Task prompt =
Please filter the entries and return only the lines that include "Prelude".

Segment Start: Given information

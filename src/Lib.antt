-- ===== src/Lib.antt =====
-- A verification library of MewCode, a coding agent for the terminal that can lead a team of
-- agents.
--
-- The parts, from the bottom up. Prelude holds what all share: Python's str as a list of code
-- points, a dict as an association list in the order of insertion, and exceptions as the values
-- of Outcome. Glob (src/mewcode/matching.py) compiles the glob patterns of rules. Permissions
-- (src/mewcode/permissions) uses them: Models for models.py, Rules for rules.py, Controller for
-- controller.py and Challenge for the question put to the user. Teams (src/mewcode/teams) is the
-- persistent state of a team: Models for models.py; Dependencies, Approvals, Tasks, TaskFlow and
-- Members for domain.py, one function for each function of the source with its name, a private
-- name without its underscore; Repository and Creation for repository.py, Leases for leases.py,
-- TaskService for tasks.py and ApprovalService for approvals.py, with Outbox for the messages of
-- both. Tools (src/mewcode/tools/base.py) is the registry of tools and the check of a call;
-- Agent (src/mewcode/agent/scheduler.py) runs the calls of one turn: Calls and Prepare for what
-- a call comes to before it runs, Schedule for the batches and their end. Capacity
-- (src/mewcode/agent/capacity.py) is the pool that bounds how many agents run. Mcp
-- (src/mewcode/mcp/jsonrpc.py) is the table of requests of a session with a server. Context
-- (src/mewcode/context/estimator.py and tool_results.py) measures texts and requests and makes
-- the preview of a long result. Hooks (src/mewcode/hooks/conditions.py) decides whether an event
-- fires a hook.
--
-- They interact as in the source. TeamMutationRunner.run loads a state from the disk, applies an
-- operation of domain.py to it and swaps it in under the lead's lease, which TeamLeaseService
-- hands out; what other processes write between these steps, what the lease file holds when the
-- fence is checked, and how the write of the file ends are arguments. The services of tasks.py
-- and approvals.py hand their transformations to it. A schedule asks the registry, the policy,
-- the hooks and the permission controller before a call runs. The controller asks the rule
-- store, which asks the patterns.
--
-- An operation takes the state and returns the new one or the failure that the source raises. A
-- time is a number of microseconds, a lock is free or busy, a file is the state that its bytes
-- decode to, whose mappings are in the order of their keys once it is written, and each reading
-- of the clock is an argument. The search of the task graph recurses on fuel, the number of the
-- tasks and one more, which is enough since a path visits no task twice: the end of the fuel,
-- Failure.recursion, is never what validate_dependencies returns. The order of a batch recurses
-- on the number of its tasks, which is enough since each round takes one at least. A uuid4 of
-- the capacity pool is the next number. A coroutine is cut where it waits: JsonRpcPeer.request
-- is start_request, interrupt where its wait is cancelled, and end_request; the runs of a
-- session are the sequences of such steps. What the tools, the policy and the hooks do at a call
-- of a schedule, how the task of a call ends outside its tool, and the order in which the tasks
-- of a batch end, are arguments.
--
-- Not modelled: the JSON codecs but the order of the keys, the paths, the locks themselves and
-- the asyncio loop; the library re, whose escape and match are the parameter Platform of Glob,
-- and the library regex, a parameter of Hooks; str.casefold, a parameter of the task service;
-- the mailbox, the roster and the scheduler of a team; the agent's turn loop, the hook runtime,
-- with what it raises before a call runs, MCP but its requests, subagents, worktrees, the
-- providers and the terminal.
pub mod Prelude
pub mod Glob
pub mod Permissions
pub mod Tools
pub mod Teams
pub mod Capacity
pub mod Agent
pub mod Mcp
pub mod Context
pub mod Hooks
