-- ===== src/Agent.antt =====
-- src/mewcode/agent: the schedule of the tool calls of one turn.
pub mod Calls
pub mod Prepare
pub mod Schedule
mod Tests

Segment End: Given information

Task answer =
-- The parts, from the bottom up. Prelude holds what all share: Python's str as a list of code
pub mod Prelude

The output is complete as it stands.